• **Work request**: Only the lines from the start of the data through the one containing "pub event : WebhookEvent" belong in your answer; return them exactly.

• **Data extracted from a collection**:
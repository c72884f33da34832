-- ===== src/Webhook/Info.antt =====
-- The result of a parsed webhook (vcsutils/webhookparser/webhookparser.go).
use froggit_go.Base.{String, ℤ, pos, Bool, false, ◌&&◌, not, Option, none, if◌then◌else◌}
use froggit_go.Vcs.{WebhookEvent, no_event}

abbrev pub git_nil_hash : String
git_nil_hash = "0000000000000000000000000000000000000000"

pub record RepoDetails : Type 0 where
  pub name : String
  pub owner : String

pub record User : Type 0 where
  pub login : String
  pub display_name : String
  pub email : String
  pub avatar_url : String

pub record Commit : Type 0 where
  pub hash : String
  pub message : String
  pub url : String

-- The zero value of the text type is `no_status`.
pub data BranchStatus : Type 0 where
  created updated deleted no_status : BranchStatus

-- The three-way `switch` on whether the branch was there before and is there after.
unfoldable pub branch_status : Bool → Bool → BranchStatus
branch_status existed_before exists_after =
    if exists_after && not existed_before
    then created
    else if not exists_after && existed_before
    then deleted
    else updated

pub record PullRequest : Type 0 where
  pub id : ℤ
  pub title : String
  pub compare_url : String
  pub timestamp : ℤ
  pub author : User
  pub triggered_by : User
  pub skip_decryption : Bool
  pub target_repository : RepoDetails
  pub target_branch : String
  pub target_hash : String
  pub source_repository : RepoDetails
  pub source_branch : String
  pub source_hash : String

pub record Tag : Type 0 where
  pub name : String
  pub hash : String
  pub target_hash : String
  pub message : String
  pub repository : RepoDetails
  pub author : User

pub record WebhookInfo : Type 0 where
  pub target_repository_details : RepoDetails
  pub target_branch : String
  pub pull_request_id : ℤ
  pub source_repository_details : RepoDetails
  pub source_branch : String
  pub timestamp : ℤ
  pub event : WebhookEvent
  pub commit : Commit
  pub before_commit : Commit
  pub branch_status : BranchStatus
  pub triggered_by : User
  pub committer : User
  pub author : User
  pub compare_url : String
  pub pull_request : Option PullRequest
  pub tag : Option Tag

-- The zero values, from which a composite literal starts.
abbrev pub no_repo : RepoDetails
no_repo = record { name = ""; owner = "" }

abbrev pub no_user : User
no_user = record { login = ""; display_name = ""; email = ""; avatar_url = "" }

abbrev pub no_commit : Commit
no_commit = record { hash = ""; message = ""; url = "" }

abbrev pub no_tag : Tag
no_tag = record {
  name = "";
  hash = "";
  target_hash = "";
  message = "";
  repository = no_repo;
  author = no_user;
}

abbrev pub no_pull_request : PullRequest
no_pull_request = record {
  id = pos 0;
  title = "";
  compare_url = "";
  timestamp = pos 0;
  author = no_user;
  triggered_by = no_user;
  skip_decryption = false;
  target_repository = no_repo;
  target_branch = "";
  target_hash = "";
  source_repository = no_repo;
  source_branch = "";
  source_hash = "";
}

abbrev pub no_info : WebhookInfo
no_info = record {
  target_repository_details = no_repo;
  target_branch = "";
  pull_request_id = pos 0;
  source_repository_details = no_repo;
  source_branch = "";
  timestamp = pos 0;
  event = no_event;
  commit = no_commit;
  before_commit = no_commit;
  branch_status = no_status;
  triggered_by = no_user;
  committer = no_user;
  author = no_user;
  compare_url = "";
  pull_request = none;
  tag = none;
}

• **Answer to the exercise**:
repository c72884f33da34832
-- ===== src/Webhook/Info.antt =====
-- The result of a parsed webhook (vcsutils/webhookparser/webhookparser.go).
use froggit_go.Base.{String, ℤ, pos, Bool, false, ◌&&◌, not, Option, none, if◌then◌else◌}
use froggit_go.Vcs.{WebhookEvent, no_event}

abbrev pub git_nil_hash : String
git_nil_hash = "0000000000000000000000000000000000000000"

pub record RepoDetails : Type 0 where
  pub name : String
  pub owner : String

pub record User : Type 0 where
  pub login : String
  pub display_name : String
  pub email : String
  pub avatar_url : String

pub record Commit : Type 0 where
  pub hash : String
  pub message : String
  pub url : String

-- The zero value of the text type is `no_status`.
pub data BranchStatus : Type 0 where
  created updated deleted no_status : BranchStatus

-- The three-way `switch` on whether the branch was there before and is there after.
unfoldable pub branch_status : Bool → Bool → BranchStatus
branch_status existed_before exists_after =
    if exists_after && not existed_before
    then created
    else if not exists_after && existed_before
    then deleted
    else updated

pub record PullRequest : Type 0 where
  pub id : ℤ
  pub title : String
  pub compare_url : String
  pub timestamp : ℤ
  pub author : User
  pub triggered_by : User
  pub skip_decryption : Bool
  pub target_repository : RepoDetails
  pub target_branch : String
  pub target_hash : String
  pub source_repository : RepoDetails
  pub source_branch : String
  pub source_hash : String

pub record Tag : Type 0 where
  pub name : String
  pub hash : String
  pub target_hash : String
  pub message : String
  pub repository : RepoDetails
  pub author : User

pub record WebhookInfo : Type 0 where
  pub target_repository_details : RepoDetails
  pub target_branch : String
  pub pull_request_id : ℤ
  pub source_repository_details : RepoDetails
  pub source_branch : String
  pub timestamp : ℤ
  pub event : WebhookEvent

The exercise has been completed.